*** Begin section ***

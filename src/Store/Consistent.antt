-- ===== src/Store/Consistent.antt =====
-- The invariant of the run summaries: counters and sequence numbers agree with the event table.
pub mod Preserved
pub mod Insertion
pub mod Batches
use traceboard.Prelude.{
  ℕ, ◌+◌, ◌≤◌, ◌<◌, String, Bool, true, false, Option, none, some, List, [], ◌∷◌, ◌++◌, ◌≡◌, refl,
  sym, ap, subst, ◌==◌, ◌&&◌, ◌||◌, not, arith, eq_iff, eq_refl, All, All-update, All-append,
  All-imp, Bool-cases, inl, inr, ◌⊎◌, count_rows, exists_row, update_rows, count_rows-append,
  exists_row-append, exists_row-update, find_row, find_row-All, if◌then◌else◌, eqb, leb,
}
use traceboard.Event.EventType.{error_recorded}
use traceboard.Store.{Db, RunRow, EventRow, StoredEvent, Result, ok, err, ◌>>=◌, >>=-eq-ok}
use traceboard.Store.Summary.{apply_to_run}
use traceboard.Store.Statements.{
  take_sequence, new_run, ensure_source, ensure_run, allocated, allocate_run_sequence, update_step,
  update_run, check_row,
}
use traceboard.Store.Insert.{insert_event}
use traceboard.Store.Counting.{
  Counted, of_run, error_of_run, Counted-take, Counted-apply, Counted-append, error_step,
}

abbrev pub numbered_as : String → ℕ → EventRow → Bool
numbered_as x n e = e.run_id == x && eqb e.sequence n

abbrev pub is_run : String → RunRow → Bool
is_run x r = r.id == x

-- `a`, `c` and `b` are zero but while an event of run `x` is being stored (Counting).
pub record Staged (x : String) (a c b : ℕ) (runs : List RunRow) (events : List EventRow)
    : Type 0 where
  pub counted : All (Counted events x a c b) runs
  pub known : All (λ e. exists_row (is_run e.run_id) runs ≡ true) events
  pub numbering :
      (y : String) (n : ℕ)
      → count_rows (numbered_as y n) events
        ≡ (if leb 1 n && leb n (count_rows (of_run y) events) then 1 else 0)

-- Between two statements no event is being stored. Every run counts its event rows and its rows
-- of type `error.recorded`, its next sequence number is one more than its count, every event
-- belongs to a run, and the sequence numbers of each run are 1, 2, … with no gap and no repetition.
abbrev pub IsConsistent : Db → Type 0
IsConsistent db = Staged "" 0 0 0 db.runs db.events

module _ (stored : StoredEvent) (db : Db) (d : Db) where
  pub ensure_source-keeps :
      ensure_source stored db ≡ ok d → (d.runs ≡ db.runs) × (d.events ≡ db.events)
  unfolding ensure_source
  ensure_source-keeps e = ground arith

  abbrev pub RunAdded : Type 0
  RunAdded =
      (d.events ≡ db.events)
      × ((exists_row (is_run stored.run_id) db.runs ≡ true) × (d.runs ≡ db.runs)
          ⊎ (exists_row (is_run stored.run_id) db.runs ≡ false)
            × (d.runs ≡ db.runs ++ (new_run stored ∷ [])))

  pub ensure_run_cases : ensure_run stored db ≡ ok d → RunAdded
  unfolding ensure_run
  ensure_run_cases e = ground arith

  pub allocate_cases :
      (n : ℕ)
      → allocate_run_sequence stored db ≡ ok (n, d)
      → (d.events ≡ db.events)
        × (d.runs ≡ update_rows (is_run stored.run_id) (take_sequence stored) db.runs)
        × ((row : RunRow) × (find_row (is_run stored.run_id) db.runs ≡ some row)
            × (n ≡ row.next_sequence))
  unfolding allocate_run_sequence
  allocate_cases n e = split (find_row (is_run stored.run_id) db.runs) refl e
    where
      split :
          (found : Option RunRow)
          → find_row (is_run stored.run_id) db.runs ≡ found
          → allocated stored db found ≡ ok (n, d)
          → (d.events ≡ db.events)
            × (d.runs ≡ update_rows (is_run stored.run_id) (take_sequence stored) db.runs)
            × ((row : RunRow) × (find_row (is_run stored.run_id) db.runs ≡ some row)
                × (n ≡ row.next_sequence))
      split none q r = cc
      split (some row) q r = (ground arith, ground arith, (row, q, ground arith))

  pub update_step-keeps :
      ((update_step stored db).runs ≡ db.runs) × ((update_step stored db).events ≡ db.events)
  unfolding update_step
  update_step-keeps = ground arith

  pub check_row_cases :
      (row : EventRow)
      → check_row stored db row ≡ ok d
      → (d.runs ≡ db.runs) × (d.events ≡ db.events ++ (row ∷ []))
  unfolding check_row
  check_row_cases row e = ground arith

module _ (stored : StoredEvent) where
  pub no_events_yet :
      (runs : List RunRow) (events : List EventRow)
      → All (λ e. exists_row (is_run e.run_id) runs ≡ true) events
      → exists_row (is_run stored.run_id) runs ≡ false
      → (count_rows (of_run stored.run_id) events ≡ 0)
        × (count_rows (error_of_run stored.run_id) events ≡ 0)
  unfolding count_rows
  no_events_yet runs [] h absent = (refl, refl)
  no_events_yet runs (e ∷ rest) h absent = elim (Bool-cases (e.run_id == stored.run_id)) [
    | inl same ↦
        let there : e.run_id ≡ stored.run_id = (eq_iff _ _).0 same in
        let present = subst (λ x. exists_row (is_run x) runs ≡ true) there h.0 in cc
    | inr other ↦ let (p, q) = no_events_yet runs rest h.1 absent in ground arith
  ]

*** End section ***

▸ WORK TO BE COMPLETED
Reproduce exactly the line that holds "(row : EventRow)", then every line after it, ending with the final line of the records above.

▸ ANSWER SPACE
      (row : EventRow)
      → check_row stored db row ≡ ok d
      → (d.runs ≡ db.runs) × (d.events ≡ db.events ++ (row ∷ []))
  unfolding check_row
  check_row_cases row e = ground arith

module _ (stored : StoredEvent) where
  pub no_events_yet :
      (runs : List RunRow) (events : List EventRow)
      → All (λ e. exists_row (is_run e.run_id) runs ≡ true) events
      → exists_row (is_run stored.run_id) runs ≡ false
      → (count_rows (of_run stored.run_id) events ≡ 0)
        × (count_rows (error_of_run stored.run_id) events ≡ 0)
  unfolding count_rows
  no_events_yet runs [] h absent = (refl, refl)
  no_events_yet runs (e ∷ rest) h absent = elim (Bool-cases (e.run_id == stored.run_id)) [
    | inl same ↦
        let there : e.run_id ≡ stored.run_id = (eq_iff _ _).0 same in
        let present = subst (λ x. exists_row (is_run x) runs ≡ true) there h.0 in cc
    | inr other ↦ let (p, q) = no_events_yet runs rest h.1 absent in ground arith
  ]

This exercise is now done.